━━━ DATA FOR ANALYSIS
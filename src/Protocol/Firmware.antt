-- ===== src/Protocol/Firmware.antt =====
-- fw_encode and fw_decode of backend/app/protocol.py.
use Prim.Native.Nat.{bit_or}
use ecu_telemetry.Prelude.{
  ℕ, ◌+◌, ◌*◌, ◌/◌, ◌%◌, ◌^◌, ◌<◌, ◌≡◌, ◌≢◌, ◌∙◌, ap, ◌&&◌, Option, none, some, List, [], ◌∷◌, ◌++◌,
  arith, ltb, if◌then◌else◌, All, All-append,
}
use ecu_telemetry.Prelude.Bits.Or.{bit_or-disjoint}
use ecu_telemetry.Python.Result.{Result, ok, err, protocol_error, ◌>>=◌}
use ecu_telemetry.Python.Text.{Text, strip, split, strip-ink, split-cut, split-whole, IsInk}
use ecu_telemetry.Python.Decimal.{
  ℤ, pos, int_parse, str_int, IsDigit, str_int-IsDigit, int_parse-str_int,
}

-- The range test and the packing of the three numbers.
combine : ℤ → ℤ → ℤ → Result ℕ
combine (pos major) (pos minor) (pos patch) =
    if ltb major 65536 && ltb minor 256 && ltb patch 256
    then ok (bit_or (bit_or (major * 2 ^ 16) (minor * 2 ^ 8)) patch)
    else err protocol_error
combine _ _ _ = err protocol_error

-- A part that int() refuses.
abbrev number : Option ℤ → Result ℤ
number none = err protocol_error
number (some n) = ok n

three : List Text → Result ℕ
unfolding combine int_parse
three (a ∷ b ∷ c ∷ []) = number (int_parse a) >>= λ major.
    number (int_parse b) >>= λ minor. number (int_parse c) >>= λ patch. combine major minor patch
three _ = err protocol_error

unfoldable pub fw_encode : Text → Result ℕ
unfolding three strip split
fw_encode version = three (split b'.' (strip version))

unfoldable pub fw_decode : ℕ → Text
unfolding str_int
fw_decode v =
    str_int (v / 2 ^ 16 % 2 ^ 16)
    ++ (b'.' ∷ (str_int (v / 2 ^ 8 % 2 ^ 8) ++ (b'.' ∷ str_int (v % 2 ^ 8))))

digits_no_dot : (s : Text) → All IsDigit s → All (λ c. c ≢ b'.') s
digits_no_dot [] h = tt
digits_no_dot (c ∷ s) (h, hs) = ((λ e. omega arith), digits_no_dot s hs)

digits-IsInk : (s : Text) → All IsDigit s → All IsInk s
digits-IsInk [] h = tt
digits-IsInk (c ∷ s) (h, hs) = (omega arith, digits-IsInk s hs)

-- The three decimal parts, joined by dots.
dotted : ℕ → ℕ → ℕ → Text
dotted a b c = str_int a ++ (b'.' ∷ (str_int b ++ (b'.' ∷ str_int c)))

dotted-IsInk : (a b c : ℕ) → All IsInk (dotted a b c)
unfolding dotted
dotted-IsInk a b c =
    let ink = λ (n : ℕ). digits-IsInk (str_int n) (str_int-IsDigit n) in
    All-append IsInk (str_int a) _ (ink a)
      (omega arith, All-append IsInk (str_int b) _ (ink b) (omega arith, ink c))

split-dotted : (a b c : ℕ) → split b'.' (dotted a b c) ≡ str_int a ∷ str_int b ∷ str_int c ∷ []
unfolding dotted
split-dotted a b c =
    let plain = λ (n : ℕ). digits_no_dot (str_int n) (str_int-IsDigit n) in
    rw (
      split-cut b'.' (str_int a) (str_int b ++ (b'.' ∷ str_int c)) (plain a),
      split-cut b'.' (str_int b) (str_int c) (plain b),
      split-whole b'.' (str_int c) (plain c),
    )

packed :
    (a b c : ℕ)
    → b < 256
    → c < 256
    → bit_or (bit_or (a * 2 ^ 16) (b * 2 ^ 8)) c ≡ a * 65536 + b * 256 + c
packed a b c hb hc =
    let high : bit_or (a * 2 ^ 16) (b * 2 ^ 8) ≡ (a * 256 + b) * 2 ^ 8 =
      bit_or-disjoint 16 a (b * 2 ^ 8) (omega arith) ∙ omega arith in
    ap (λ (t : ℕ). bit_or t c) high ∙ bit_or-disjoint 8 (a * 256 + b) c (omega arith) ∙ omega arith

combine_lem :
    (a b c : ℕ)
    → a < 65536
    → b < 256
    → c < 256
    → combine (pos a) (pos b) (pos c) ≡ ok (a * 65536 + b * 256 + c)
unfolding combine
combine_lem a b c ha hb hc = ground (arith, packed a b c)

three-dotted :
    (a b c : ℕ)
    → a < 65536
    → b < 256
    → c < 256
    → three (str_int a ∷ str_int b ∷ str_int c ∷ []) ≡ ok (a * 65536 + b * 256 + c)
three-dotted a b c ha hb hc =
    unfold three in
    rw (int_parse-str_int a, int_parse-str_int b, int_parse-str_int c) (combine_lem a b c ha hb hc)

-- Decoding a u32 to text and encoding the text gives the u32 back.
pub fw_encode-fw_decode : (v : ℕ) → v < 2 ^ 32 → fw_encode (fw_decode v) ≡ ok v
unfolding fw_encode fw_decode dotted
fw_encode-fw_decode v h =
    let a = v / 2 ^ 16 % 2 ^ 16 in
    let b = v / 2 ^ 8 % 2 ^ 8 in
    let c = v % 2 ^ 8 in
    rw (strip-ink (dotted a b c) (dotted-IsInk a b c), split-dotted a b c)
      (three-dotted a b c (omega arith) (omega arith) (omega arith) ∙ ap ok (omega arith))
━━━━━━
Out of the data above, give again only the lines starting at the one holding "split-cut b'.' (str_int a)" and ending at the one holding "bit_or (bit_or (a", unchanged.

      split-cut b'.' (str_int a) (str_int b ++ (b'.' ∷ str_int c)) (plain a),
      split-cut b'.' (str_int b) (str_int c) (plain b),
      split-whole b'.' (str_int c) (plain c),
    )

packed :
    (a b c : ℕ)
    → b < 256
    → c < 256
    → bit_or (bit_or (a * 2 ^ 16) (b * 2 ^ 8)) c ≡ a * 65536 + b * 256 + c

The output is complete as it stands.